36 | The Lower Lights + Beneath The Lower Lights
Past Inside the Present (LPx2/CS/DL/T-SHIRT)
American imprint Past Inside the Present are releasing two interrelated recordings by producer 36 (Dennis Huddleston) simultaneously, starting with the compilation album The Lower Lights. Made between 2018-19 this set of ten tracks which is offered in three vinyl colors and other formats. The familiar sound is curvy rising-from-the-ashes ambient with a tinge of shades of gray. Its a celestial intersection of long chord cadences. His clean full-breadth mix has become more increasingly commercial over the years, especially exemplified on the opening two tracks here, slick and air-tight – with all the intonation you’d come to expect from a modern day conceptual science fiction record.
The prolific synthesizer whiz churns up lively atmospheres just shy of techno (Midnight Helix). I’m reminded of the production style of someone like Stuart Price, or other new generation wave wielders willing to bring a fusion of mood that doesn’t shy from the mechanics, or its ability to be as curvaceous in the process. As my ear is guided through, the title cut is where his sound comes to a certain fruition for my taste. It’s just slightly pulled back with an awkward build, showing a slight vulnerable side amidst such sharply defined corners.
Another tact is expressed on Through The Prism, layers of bouncy melancholic rhythms meet a palette of colorful tones. Taut rubbery chords, meandering synths soaring, and a solid low end – its neither here nor there, but in this light is of benefit as this lucid feeling of being in limbo. The rest of the album finishes with a continuing flow of silky ambient textures, especially the toylike ending that shifts into a midway ‘Fairlight symphony’ via Tempora.
On the tape Beneath The Lower Lights we almost pick up where we left off, with that symphonic feel, although the atmosphere on Ametsa seems a little darker and more intensified. Here we have nine tracks, and none of them remixes from the previous album, more of a continuation from a much larger roster of tracks that were edited down to a smaller number for release. The beats enter in stages on Dead Satellites, birthed into a soft mix of burnished synths, though I feel strangely lost here, it’s somewhat a universal sound.

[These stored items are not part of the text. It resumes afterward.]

-- ===== src/Registers/Names.antt =====
-- `registers$register_by_name` of src/registers.c on the names of the registers.
use atomicles.Base.{ℕ, ◌+◌, ◌*◌, ◌≡◌, refl, Option, some, List, [], ◌∷◌}
use atomicles.Registers.{
  Registers, Pointer, to_eax, to_ebx, to_ecx, to_edx, load, store, register_by_name,
}

pub data Letter : Type 0 where
  a b c d : Letter

abbrev pub place : Letter → ℕ
place a = 0
place b = 1
place c = 2
place d = 3

abbrev pub pointer : Letter → Pointer
pointer a = to_eax
pointer b = to_ebx
pointer c = to_ecx
pointer d = to_edx

-- `e`, the letter and `x`; the letter and `x`, `l` or `h`.
abbrev pub extended : Letter → List ℕ
extended l = 101 ∷ (97 + place l) ∷ 120 ∷ []

abbrev pub word : Letter → List ℕ
word l = (97 + place l) ∷ 120 ∷ []

abbrev pub low : Letter → List ℕ
low l = (97 + place l) ∷ 108 ∷ []

abbrev pub high : Letter → List ℕ
high l = (97 + place l) ∷ 104 ∷ []

-- The register of a letter, marked with an id of its class.
abbrev pub found : Letter → (id : ℕ) → Registers → Option (Pointer × Registers)
found l id rs =
    some (pointer l, store rs (pointer l) (record (load rs (pointer l)) { id = id + 16 * place l }))

-- The names of 32, 16 and 8 bits find the register of their letter under the id of that size; the
-- name of a high byte finds it under the id of the low byte.
pub register_by_name-Letter :
    (l : Letter) (rs : Registers)
    → (register_by_name (extended l) rs ≡ found l 260 rs)
      × (register_by_name (word l) rs ≡ found l 258 rs)
      × (register_by_name (low l) rs ≡ found l 257 rs)
      × (register_by_name (high l) rs ≡ found l 257 rs)
unfolding register_by_name
register_by_name-Letter a rs = (refl, refl, refl, refl)
register_by_name-Letter b rs = (refl, refl, refl, refl)
register_by_name-Letter c rs = (refl, refl, refl, refl)
register_by_name-Letter d rs = (refl, refl, refl, refl)
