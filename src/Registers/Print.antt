-- ===== src/Registers/Print.antt =====
-- registers$print of src/registers.c: what it shows of the registers. The layout of the lines is left
-- out.
use atomicles.Base.{
  ℕ, Bool, true, false, ◌&&◌, ◌==◌, Option, none, some, List, [], ◌∷◌, if◌then◌else◌,
}
use atomicles.Registers.{
  Registers, Pointer, to_eflags, to_eax, to_ebx, to_ecx, to_edx, flag, cf_bit, pf_bit, zf_bit,
  sf_bit, of_bit,
}

abbrev pub same_pointer : Pointer → Pointer → Bool
same_pointer to_eflags to_eflags = true
same_pointer to_eax to_eax = true
same_pointer to_ebx to_ebx = true
same_pointer to_ecx to_ecx = true
same_pointer to_edx to_edx = true
same_pointer _ _ = false

-- Whether an operand is the word of a register; `none` is an operand elsewhere, or NULL.
abbrev pub is_at : Option Pointer → Pointer → Bool
is_at none p = false
is_at (some q) p = same_pointer q p

-- A letter in upper case where the bit is set.
abbrev pub letter : (bit upper lower : ℕ) → ℕ → ℕ
letter bit upper lower dword = if flag bit dword == 1 then upper else lower

-- The letters of `status` and of `control`.
unfoldable pub status_letters : ℕ → List ℕ
status_letters dword =
    letter cf_bit b'C' b'c' dword
    ∷ letter pf_bit b'P' b'p' dword
    ∷ letter 4 b'A' b'a' dword
    ∷ letter zf_bit b'Z' b'z' dword
    ∷ letter sf_bit b'S' b's' dword
    ∷ letter of_bit b'O' b'o' dword
    ∷ []

unfoldable pub control_letter : ℕ → ℕ
control_letter dword = letter 10 b'D' b'd' dword

-- The mark of __registers$printGPR, for the operands `dst` and `src`.
unfoldable pub mark : (dst src : Option Pointer) → Pointer → ℕ
mark dst src p =
    if is_at dst p && is_at src p
    then b'*'
    else if is_at src p
    then b'S'
    else if is_at dst p
    then b'D'
    else b' '

pub record Shown : Type 0 where
  pub eflags : ℕ
  pub status : List ℕ
  pub control : ℕ
  pub immediate : ℕ
  pub general : List (ℕ × ℕ)

unfoldable pub print : (dst src : Option Pointer) (immediate : ℕ) → Registers → Shown
unfolding status_letters control_letter mark
print dst src immediate rs = record {
  eflags = rs.eflags.dword;
  status = status_letters rs.eflags.dword;
  control = control_letter rs.eflags.dword;
  immediate = immediate;
  general =
      (mark dst src to_eax, rs.eax.dword)
      ∷ (mark dst src to_ebx, rs.ebx.dword)
      ∷ (mark dst src to_ecx, rs.ecx.dword)
      ∷ (mark dst src to_edx, rs.edx.dword)
      ∷ [];
}
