-- ===== src/Semaphore/Places.antt =====
-- Where the processes are that share a semaphore of src/Semaphore.c.
use atomicles.Base.{ℕ, zero, suc, ◌+◌, ◌<◌, ◌≡◌, subst, some, List, [], ◌∷◌, arith, get_elem?, set}
use mathlib.Core.Option.{some_inj}
use atomicles.Base.Int.{ℤ, sub_ℕ}

-- Where a process is: without the semaphore, with it, or within Semaphore$unlock, behind the look at
-- the units in use.
pub data Place : Type 0 where
  outside holding : Place
  looked : (seen : ℤ) → Place

abbrev pub weight : Place → ℕ
weight outside = 0
weight holding = 1
weight (looked seen) = 1

-- How many processes have a unit.
abbrev pub inside : List Place → ℕ
inside [] = 0
inside (x ∷ ps) = weight x + inside ps

pub inside-set :
    (ps : List Place) (p : ℕ) (x : Place) {old : Place}
    → get_elem? ps p ≡ some old
    → inside (set ps p x) + weight old ≡ inside ps + weight x
inside-set [] p x at = ground (arith, at)
inside-set (y ∷ ps) zero x at = ground (arith, at)
inside-set (y ∷ ps) (suc p) x at = omega (arith, inside-set ps p x at)

-- What a process has seen was a value with a unit in use.
abbrev pub FitsIn : ℕ → Place → Type 0
FitsIn size outside = Unit {0}
FitsIn size holding = Unit {0}
FitsIn size (looked seen) = (v : ℕ) × (seen ≡ sub_ℕ size v) × (v < size)

abbrev pub AllFit : ℕ → List Place → Type 0
AllFit size [] = Unit {0}
AllFit size (x ∷ ps) = FitsIn size x × AllFit size ps

pub AllFit-set :
    (size : ℕ) (ps : List Place) (p : ℕ) (x : Place)
    → AllFit size ps
    → FitsIn size x
    → AllFit size (set ps p x)
AllFit-set size [] p x all fit = tt
AllFit-set size (y ∷ ps) zero x (first, all) fit = (fit, all)
AllFit-set size (y ∷ ps) (suc p) x (first, all) fit = (first, AllFit-set size ps p x all fit)

pub AllFit-get_elem? :
    (size : ℕ) (ps : List Place) (p : ℕ) {x : Place}
    → AllFit size ps
    → get_elem? ps p ≡ some x
    → FitsIn size x
AllFit-get_elem? size [] p all at = absurd (ground (arith, at))
AllFit-get_elem? size (y ∷ ps) zero (first, all) at = subst (FitsIn size) ((some_inj).0 at) first
AllFit-get_elem? size (y ∷ ps) (suc p) (first, all) at = AllFit-get_elem? size ps p all at

pub AllFit-outside : (size : ℕ) (ps : List Place) → inside ps ≡ 0 → AllFit size ps
AllFit-outside size [] none_in = tt
AllFit-outside size (outside ∷ ps) none_in = (tt, AllFit-outside size ps (omega (arith, none_in)))
AllFit-outside size (holding ∷ ps) none_in = absurd (omega (arith, none_in))
AllFit-outside size (looked seen ∷ ps) none_in = absurd (omega (arith, none_in))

Huddleston must have been a fan of all the shoegazer bands of the 90s as there are inflections everywhere (Find You, A Gentle Dystopia and the lovely closer – Signing Off). Though compared to the previous, The Lower Lights, I find this a slight bit too homogeneous and a tinge formulaic (Eternal Blue, Origin Beach). There are highlights like Tokyo Loop Line which incorporates this stimulating balance between subdued noises and a strident, bright and light melody that uses a smart ascending synth structure that sounds right out of Blade Runner.